▶ [PROBLEM REQUIREMENTS] Locate and copy each line in the data that contains the word "value".

▶ [PROVIDED DATA]
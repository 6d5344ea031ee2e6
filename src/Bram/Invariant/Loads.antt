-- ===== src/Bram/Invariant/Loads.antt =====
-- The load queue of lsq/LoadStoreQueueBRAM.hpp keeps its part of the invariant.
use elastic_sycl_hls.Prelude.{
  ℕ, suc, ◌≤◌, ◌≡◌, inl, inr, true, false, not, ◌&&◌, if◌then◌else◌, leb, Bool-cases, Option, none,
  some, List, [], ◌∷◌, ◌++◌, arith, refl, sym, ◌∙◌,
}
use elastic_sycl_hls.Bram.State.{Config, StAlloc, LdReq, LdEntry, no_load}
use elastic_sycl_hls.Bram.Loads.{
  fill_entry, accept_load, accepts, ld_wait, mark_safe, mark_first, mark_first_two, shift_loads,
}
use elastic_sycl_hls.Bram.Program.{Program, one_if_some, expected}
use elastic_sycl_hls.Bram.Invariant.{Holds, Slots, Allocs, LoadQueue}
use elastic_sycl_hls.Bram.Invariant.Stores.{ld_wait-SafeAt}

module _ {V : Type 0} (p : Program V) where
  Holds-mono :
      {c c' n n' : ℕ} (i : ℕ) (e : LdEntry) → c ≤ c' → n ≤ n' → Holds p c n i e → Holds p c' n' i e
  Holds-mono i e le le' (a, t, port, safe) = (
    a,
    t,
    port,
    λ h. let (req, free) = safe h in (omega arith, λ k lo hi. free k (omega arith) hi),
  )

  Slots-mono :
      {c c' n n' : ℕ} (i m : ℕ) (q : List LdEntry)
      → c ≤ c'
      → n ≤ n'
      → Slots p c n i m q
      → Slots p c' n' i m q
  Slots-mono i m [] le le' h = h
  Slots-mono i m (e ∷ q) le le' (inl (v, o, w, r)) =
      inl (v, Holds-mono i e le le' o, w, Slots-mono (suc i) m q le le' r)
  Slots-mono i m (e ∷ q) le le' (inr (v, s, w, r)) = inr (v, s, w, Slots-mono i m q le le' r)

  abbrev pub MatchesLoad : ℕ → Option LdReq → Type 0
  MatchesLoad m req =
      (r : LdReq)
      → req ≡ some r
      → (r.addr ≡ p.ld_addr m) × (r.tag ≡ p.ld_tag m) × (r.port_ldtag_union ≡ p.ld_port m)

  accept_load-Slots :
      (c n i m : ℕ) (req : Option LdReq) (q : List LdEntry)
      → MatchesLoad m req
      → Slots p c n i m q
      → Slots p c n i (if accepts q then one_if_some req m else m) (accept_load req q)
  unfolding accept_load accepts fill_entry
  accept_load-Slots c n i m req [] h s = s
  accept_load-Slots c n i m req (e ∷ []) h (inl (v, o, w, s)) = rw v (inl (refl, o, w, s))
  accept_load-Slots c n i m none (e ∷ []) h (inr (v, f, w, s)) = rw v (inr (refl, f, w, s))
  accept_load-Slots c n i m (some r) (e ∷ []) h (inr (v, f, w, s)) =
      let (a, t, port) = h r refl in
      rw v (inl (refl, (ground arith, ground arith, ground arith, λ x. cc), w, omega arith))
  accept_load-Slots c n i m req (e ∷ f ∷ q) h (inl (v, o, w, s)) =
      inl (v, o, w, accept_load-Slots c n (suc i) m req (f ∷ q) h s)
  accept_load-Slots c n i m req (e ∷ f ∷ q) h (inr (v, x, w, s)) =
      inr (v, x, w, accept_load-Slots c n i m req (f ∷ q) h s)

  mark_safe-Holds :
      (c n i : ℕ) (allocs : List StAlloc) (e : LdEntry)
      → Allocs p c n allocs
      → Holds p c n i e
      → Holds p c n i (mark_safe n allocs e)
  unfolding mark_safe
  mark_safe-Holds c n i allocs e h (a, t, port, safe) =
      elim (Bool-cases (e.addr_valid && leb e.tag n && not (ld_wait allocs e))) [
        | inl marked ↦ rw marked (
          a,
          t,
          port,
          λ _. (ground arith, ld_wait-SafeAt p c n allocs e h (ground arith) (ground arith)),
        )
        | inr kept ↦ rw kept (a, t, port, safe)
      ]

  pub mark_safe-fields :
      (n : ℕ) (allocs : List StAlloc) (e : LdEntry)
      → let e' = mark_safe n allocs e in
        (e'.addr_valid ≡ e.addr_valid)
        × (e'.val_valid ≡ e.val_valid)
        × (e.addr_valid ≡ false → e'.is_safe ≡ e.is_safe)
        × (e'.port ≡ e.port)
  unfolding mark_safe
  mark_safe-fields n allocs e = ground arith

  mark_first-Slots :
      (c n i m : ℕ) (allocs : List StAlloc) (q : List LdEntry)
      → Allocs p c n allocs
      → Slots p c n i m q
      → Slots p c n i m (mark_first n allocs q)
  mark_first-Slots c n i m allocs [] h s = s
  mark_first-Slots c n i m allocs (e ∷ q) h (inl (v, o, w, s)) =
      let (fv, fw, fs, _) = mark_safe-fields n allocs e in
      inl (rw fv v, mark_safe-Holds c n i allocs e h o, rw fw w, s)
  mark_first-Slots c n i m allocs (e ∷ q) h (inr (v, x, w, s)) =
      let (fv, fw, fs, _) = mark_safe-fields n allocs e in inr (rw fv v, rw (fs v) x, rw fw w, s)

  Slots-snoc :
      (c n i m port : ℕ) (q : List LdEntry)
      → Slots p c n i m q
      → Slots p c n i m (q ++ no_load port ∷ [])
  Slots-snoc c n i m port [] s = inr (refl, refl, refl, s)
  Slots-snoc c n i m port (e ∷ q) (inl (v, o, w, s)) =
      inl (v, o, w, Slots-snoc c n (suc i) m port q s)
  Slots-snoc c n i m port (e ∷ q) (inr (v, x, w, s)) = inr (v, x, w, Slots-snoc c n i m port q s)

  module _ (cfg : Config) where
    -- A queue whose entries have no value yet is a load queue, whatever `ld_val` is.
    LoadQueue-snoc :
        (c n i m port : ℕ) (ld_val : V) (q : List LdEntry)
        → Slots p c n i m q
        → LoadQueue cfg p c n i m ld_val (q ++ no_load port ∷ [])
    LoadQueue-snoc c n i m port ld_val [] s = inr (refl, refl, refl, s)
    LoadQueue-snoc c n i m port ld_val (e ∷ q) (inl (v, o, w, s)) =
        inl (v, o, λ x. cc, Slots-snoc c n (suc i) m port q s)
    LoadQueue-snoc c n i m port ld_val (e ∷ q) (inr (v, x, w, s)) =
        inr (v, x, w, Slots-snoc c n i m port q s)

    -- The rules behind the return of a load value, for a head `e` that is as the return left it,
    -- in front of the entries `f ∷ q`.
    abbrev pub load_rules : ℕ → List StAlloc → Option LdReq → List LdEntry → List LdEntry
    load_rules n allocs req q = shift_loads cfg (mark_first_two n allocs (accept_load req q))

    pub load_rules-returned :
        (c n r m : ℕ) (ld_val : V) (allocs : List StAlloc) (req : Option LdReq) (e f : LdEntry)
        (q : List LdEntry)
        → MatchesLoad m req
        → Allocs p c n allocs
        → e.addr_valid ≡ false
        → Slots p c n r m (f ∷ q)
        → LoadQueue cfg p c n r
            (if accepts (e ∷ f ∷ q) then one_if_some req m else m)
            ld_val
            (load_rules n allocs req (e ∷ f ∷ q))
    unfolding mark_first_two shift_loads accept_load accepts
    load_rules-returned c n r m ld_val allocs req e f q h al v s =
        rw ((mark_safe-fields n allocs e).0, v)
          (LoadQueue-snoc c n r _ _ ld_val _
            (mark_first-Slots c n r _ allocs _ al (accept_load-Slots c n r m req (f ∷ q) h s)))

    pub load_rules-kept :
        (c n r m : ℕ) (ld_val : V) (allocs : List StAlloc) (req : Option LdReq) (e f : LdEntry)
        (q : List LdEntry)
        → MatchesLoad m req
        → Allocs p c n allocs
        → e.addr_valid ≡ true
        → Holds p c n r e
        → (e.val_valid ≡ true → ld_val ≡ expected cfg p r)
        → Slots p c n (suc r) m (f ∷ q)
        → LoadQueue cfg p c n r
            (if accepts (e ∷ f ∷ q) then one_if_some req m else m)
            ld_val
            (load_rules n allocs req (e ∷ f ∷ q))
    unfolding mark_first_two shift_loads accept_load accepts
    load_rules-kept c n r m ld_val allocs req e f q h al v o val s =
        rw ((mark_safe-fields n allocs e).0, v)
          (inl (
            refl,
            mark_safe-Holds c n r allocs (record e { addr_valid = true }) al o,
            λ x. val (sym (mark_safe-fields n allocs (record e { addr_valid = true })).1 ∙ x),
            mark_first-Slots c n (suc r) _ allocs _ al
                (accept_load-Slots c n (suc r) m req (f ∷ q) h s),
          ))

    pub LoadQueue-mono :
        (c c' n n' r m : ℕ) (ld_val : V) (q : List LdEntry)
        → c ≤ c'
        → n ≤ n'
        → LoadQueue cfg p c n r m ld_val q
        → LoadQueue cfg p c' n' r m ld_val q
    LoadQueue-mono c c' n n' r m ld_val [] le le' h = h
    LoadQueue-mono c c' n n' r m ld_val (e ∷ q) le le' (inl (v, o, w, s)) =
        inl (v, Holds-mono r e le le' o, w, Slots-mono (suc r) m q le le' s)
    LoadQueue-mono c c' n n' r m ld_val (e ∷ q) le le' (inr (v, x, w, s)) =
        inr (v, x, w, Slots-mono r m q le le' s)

▶ [YOUR SOLUTION]
    -- A queue whose entries have no value yet is a load queue, whatever `ld_val` is.
    -- The rules behind the return of a load value, for a head `e` that is as the return left it,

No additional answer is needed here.